While it’s true that both are caused by viruses that are respiratory in nature and both have the potential to cause symptoms like coughs and fevers, it’s becoming increasingly clear they are not all that similar.

Their differences start with the packaging the viruses come in, and they continue through the way they attack people’s immune systems, even onto how deadly they are. Here’s a look at how they’re different and why.

They’re caused by different types of viruses

Influenza and coronavirus are two different families of viruses. While they both are made up of RNA (some diseases’ genetic material is DNA), the protein layers that surround the RNA, causing the immune response, are different in the two pathogens.

Influenza’s shell features hemagglutinin and neuraminidase proteins. Coronaviruses get their name from the glycoprotein spikes that surround them, giving them a crown-like appearance under magnification. Those different surface proteins interact differently with human cells.

Many types of common colds are coronaviruses, as are severe acute respiratory syndrome (SARS) and Middle East respiratory syndrome (MERS). COVID-19 is more closely related to those viruses than influenza.

The flu has been around for a long time, and we know a lot about it

Historians say the flu may date back millennia. Some of the first written descriptions of the virus are thought to date back to Hippocrates, around 410 BCE.

The influenza virus itself was identified in 1933, so people have had a long time to figure out how the flu works. We know when it’s likely to hit each year, and we know who’s more susceptible to severe complications.

“We know a lot about the flu. It’s got seasonality. We know what time of year it hits. We know that pregnant women, older people and young kids are at particularly high risk,” said Dr. David Ingbar, a professor of medicine, the director of the pulmonary, allergy, critical care and sleep division at the University of Minnesota’s Medical School and Executive Director of the Center for Lung and Science Health.

It’s not clear yet whether or to what degree COVID-19 will have a seasonal element, either. It could quiet down over the summer, or (perhaps more likely) it may not.

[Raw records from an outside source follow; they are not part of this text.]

-- ===== src/Response/Frame.antt =====
-- What the common body of the parsers does with each kind of frame.
use fq_client_go.Common.{
  ℕ, suc, ◌<◌, ◌^◌, none, some, ◌∷◌, ◌++◌, Bytes, take, drop, Lacks, ◌≡◌, ◌≢◌, inl, inr, refl, sym,
  ◌∙◌, arith, take-append, drop-append-suc, Bool-cases, Option-cases,
}
use fq_client_go.Errors.{
  Error, sentinel, corrupted_response, unknown_resp_status, Result, ok, err, ◌>>=◌, >>=-succeeds,
}
use fq_client_go.Text.{bytes_eq, index_byte}
use fq_client_go.Text.Cut.{
  bytes_eq-eq, bytes_eq-ne, index_byte-append, index_byte-Lacks, index_byte-some, index_byte-none,
}
use fq_client_go.Decimal.{format_uint}
use fq_client_go.Decimal.RoundTrip.{parse_uint-format_uint}
use fq_client_go.Response.{
  resp_delimiter, frame_status_ok, frame_status_error, Response, success, error, parse_frame,
  dispatch_status, parse_error, uint_field,
}

pub uint_field-format_uint : (bits n : ℕ) → n < 2 ^ bits → uint_field bits (format_uint n) ≡ ok n
unfolding uint_field
uint_field-format_uint bits n h = rw (parse_uint-format_uint bits n h, uint_field)

-- The answer to a frame is settled by its first delimiter.
abbrev pub success_of {ℓ} : {A : Type ℓ} → A → Response A
success_of v = record { status = success; value = v; err = none }

abbrev pub failure_of {ℓ} : {A : Type ℓ} → A → Error → Response A
failure_of empty e = record { status = error; value = empty; err = some e }

module _ {ℓ} {A : Type ℓ} (empty : A) (read : Bytes → Result A) where
  pub parse_frame-append :
      (status body : Bytes)
      → Lacks resp_delimiter status
      → parse_frame empty read (status ++ resp_delimiter ∷ body)
        ≡ dispatch_status empty read status body
  unfolding parse_frame
  parse_frame-append status body h = rw (
    index_byte-append resp_delimiter status body h,
    parse_frame,
    take-append status (resp_delimiter ∷ body),
    drop-append-suc status resp_delimiter body,
  )

  pub parse_frame-ok :
      (body : Bytes)
      → parse_frame empty read (frame_status_ok ++ resp_delimiter ∷ body)
        ≡ (read body >>= λ v. ok (success_of v))
  unfolding dispatch_status bytes_eq
  parse_frame-ok body = parse_frame-append frame_status_ok body (omega arith)

  pub parse_frame-error :
      (body : Bytes)
      → parse_frame empty read (frame_status_error ++ resp_delimiter ∷ body)
        ≡ ok (failure_of empty (parse_error body))
  unfolding dispatch_status bytes_eq
  parse_frame-error body = parse_frame-append frame_status_error body (omega arith)

  dispatch_status-other :
      (status body : Bytes)
      → status ≢ frame_status_ok
      → status ≢ frame_status_error
      → dispatch_status empty read status body ≡ err (sentinel unknown_resp_status)
  unfolding dispatch_status
  dispatch_status-other status body n m = elim (Bool-cases (bytes_eq status frame_status_ok)) [
    | inl e ↦ absurd (n (bytes_eq-eq _ _ e))
    | inr e ↦ rw e (elim (Bool-cases (bytes_eq status frame_status_error)) [
      | inl e' ↦ absurd (m (bytes_eq-eq _ _ e'))
      | inr e' ↦ rw e' refl
    ])
  ]

  pub parse_frame-other :
      (status body : Bytes)
      → Lacks resp_delimiter status
      → status ≢ frame_status_ok
      → status ≢ frame_status_error
      → parse_frame empty read (status ++ resp_delimiter ∷ body)
        ≡ err (sentinel unknown_resp_status)
  parse_frame-other status body h n m =
      parse_frame-append status body h ∙ dispatch_status-other status body n m

  pub parse_frame-no_delimiter :
      (resp : Bytes)
      → Lacks resp_delimiter resp
      → parse_frame empty read resp ≡ err (sentinel corrupted_response)
  unfolding parse_frame
  parse_frame-no_delimiter resp h = rw (index_byte-Lacks resp_delimiter resp h, parse_frame)

-- A response is of one of four kinds, by its first delimiter and its status.
pub data FrameKind (resp : Bytes) : Type 0 where
  ok_frame : (body : Bytes) → resp ≡ frame_status_ok ++ resp_delimiter ∷ body → FrameKind resp
  error_frame : (body : Bytes) → resp ≡ frame_status_error ++ resp_delimiter ∷ body → FrameKind resp
  other_frame :
      (status body : Bytes)
      → Lacks resp_delimiter status
      → status ≢ frame_status_ok
      → status ≢ frame_status_error
      → resp ≡ status ++ resp_delimiter ∷ body
      → FrameKind resp
  no_delimiter : Lacks resp_delimiter resp → FrameKind resp

status_kind :
    (resp status body : Bytes)
    → Lacks resp_delimiter status
    → resp ≡ status ++ resp_delimiter ∷ body
    → FrameKind resp
status_kind resp status body h e = elim (Bool-cases (bytes_eq status frame_status_ok)) [
  | inl is_ok ↦ ok_frame body (rw (bytes_eq-eq _ _ is_ok) at e)
  | inr not_ok ↦ elim (Bool-cases (bytes_eq status frame_status_error)) [
    | inl is_err ↦ error_frame body (rw (bytes_eq-eq _ _ is_err) at e)
    | inr not_err ↦ other_frame status body h (bytes_eq-ne _ _ not_ok) (bytes_eq-ne _ _ not_err) e
  ]
]

pub frame_kind : (resp : Bytes) → FrameKind resp
frame_kind resp = elim (Option-cases (index_byte resp resp_delimiter)) [
  | inl e ↦ no_delimiter (index_byte-none resp_delimiter resp e)
  | inr (i, e) ↦
      let (cut, lacks) = index_byte-some resp_delimiter resp i e in
      status_kind resp (take i resp) (drop (suc i) resp) lacks cut
]

module _ {ℓ} {A : Type ℓ} (empty : A) (read : Bytes → Result A) where
  -- The parse succeeds on the `ok` frames whose data can be read, and on the `err` frames.
  pub data Parsed (resp : Bytes) (r : Response A) : Type ℓ where
    read_value :
        (body : Bytes) (v : A)
        → resp ≡ frame_status_ok ++ resp_delimiter ∷ body
        → read body ≡ ok v
        → r ≡ success_of v
        → Parsed resp r
    read_error :
        (body : Bytes)
        → resp ≡ frame_status_error ++ resp_delimiter ∷ body
        → r ≡ failure_of empty (parse_error body)
        → Parsed resp r

  pub parse_frame-Parsed :
      (resp : Bytes) (r : Response A) → parse_frame empty read resp ≡ ok r → Parsed resp r
  parse_frame-Parsed resp r h = elim (frame_kind resp) [
    | ok_frame body e ↦
        let (v, eq, q) =
          >>=-succeeds (read body) (λ v. ok (success_of v))
            (sym (parse_frame-ok empty read body) ∙ rw e at h) in
        read_value body v e eq (cc)
    | error_frame body e ↦
        read_error body e (cc (sym (parse_frame-error empty read body) ∙ rw e at h))
    | other_frame status body l n m e ↦
        cc (sym (parse_frame-other empty read status body l n m) ∙ rw e at h)
    | no_delimiter l ↦ cc (sym (parse_frame-no_delimiter empty read resp l) ∙ h)
  ]

  pub Parsed-parse_frame :
      (resp : Bytes) (r : Response A) → Parsed resp r → parse_frame empty read resp ≡ ok r
  Parsed-parse_frame resp r (read_value body v e q s) =
      rw (e, parse_frame-ok empty read body, q, s) refl
  Parsed-parse_frame resp r (read_error body e s) = rw (e, parse_frame-error empty read body, s)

With COVID-19, patterns are emerging that suggest people who are older or have underlying conditions are at higher risk of severe complications, but much is still being learned — even every week, as the medical community learns more about the virus and even identifies new symptoms, like loss of taste and smell and rashes.

COVID-19 appears to be more transmissible

One of the numbers underpinning policy discussions about COVID-19 is something called an R0. Pronounced “R-naught,” this number refers to how many other people, on average, a person with a given virus will infect.

For seasonal influenza, the R0 is thought to be between 0.9 and 2.1, meaning the average infected person will infect one or two others. The Minnesota COVID-19 model currently predicts an R0 of 3.87, meaning the average infected person infects about 3.9 others. That means COVID-19 is more infectious than the flu.

Flu also has a shorter incubation period than COVID-19. It usually between one and four days for someone infected with the flu to show symptoms. With COVID-19, the  incubation period may be up to 14 days, making it more likely people will spread the virus before they show symptoms.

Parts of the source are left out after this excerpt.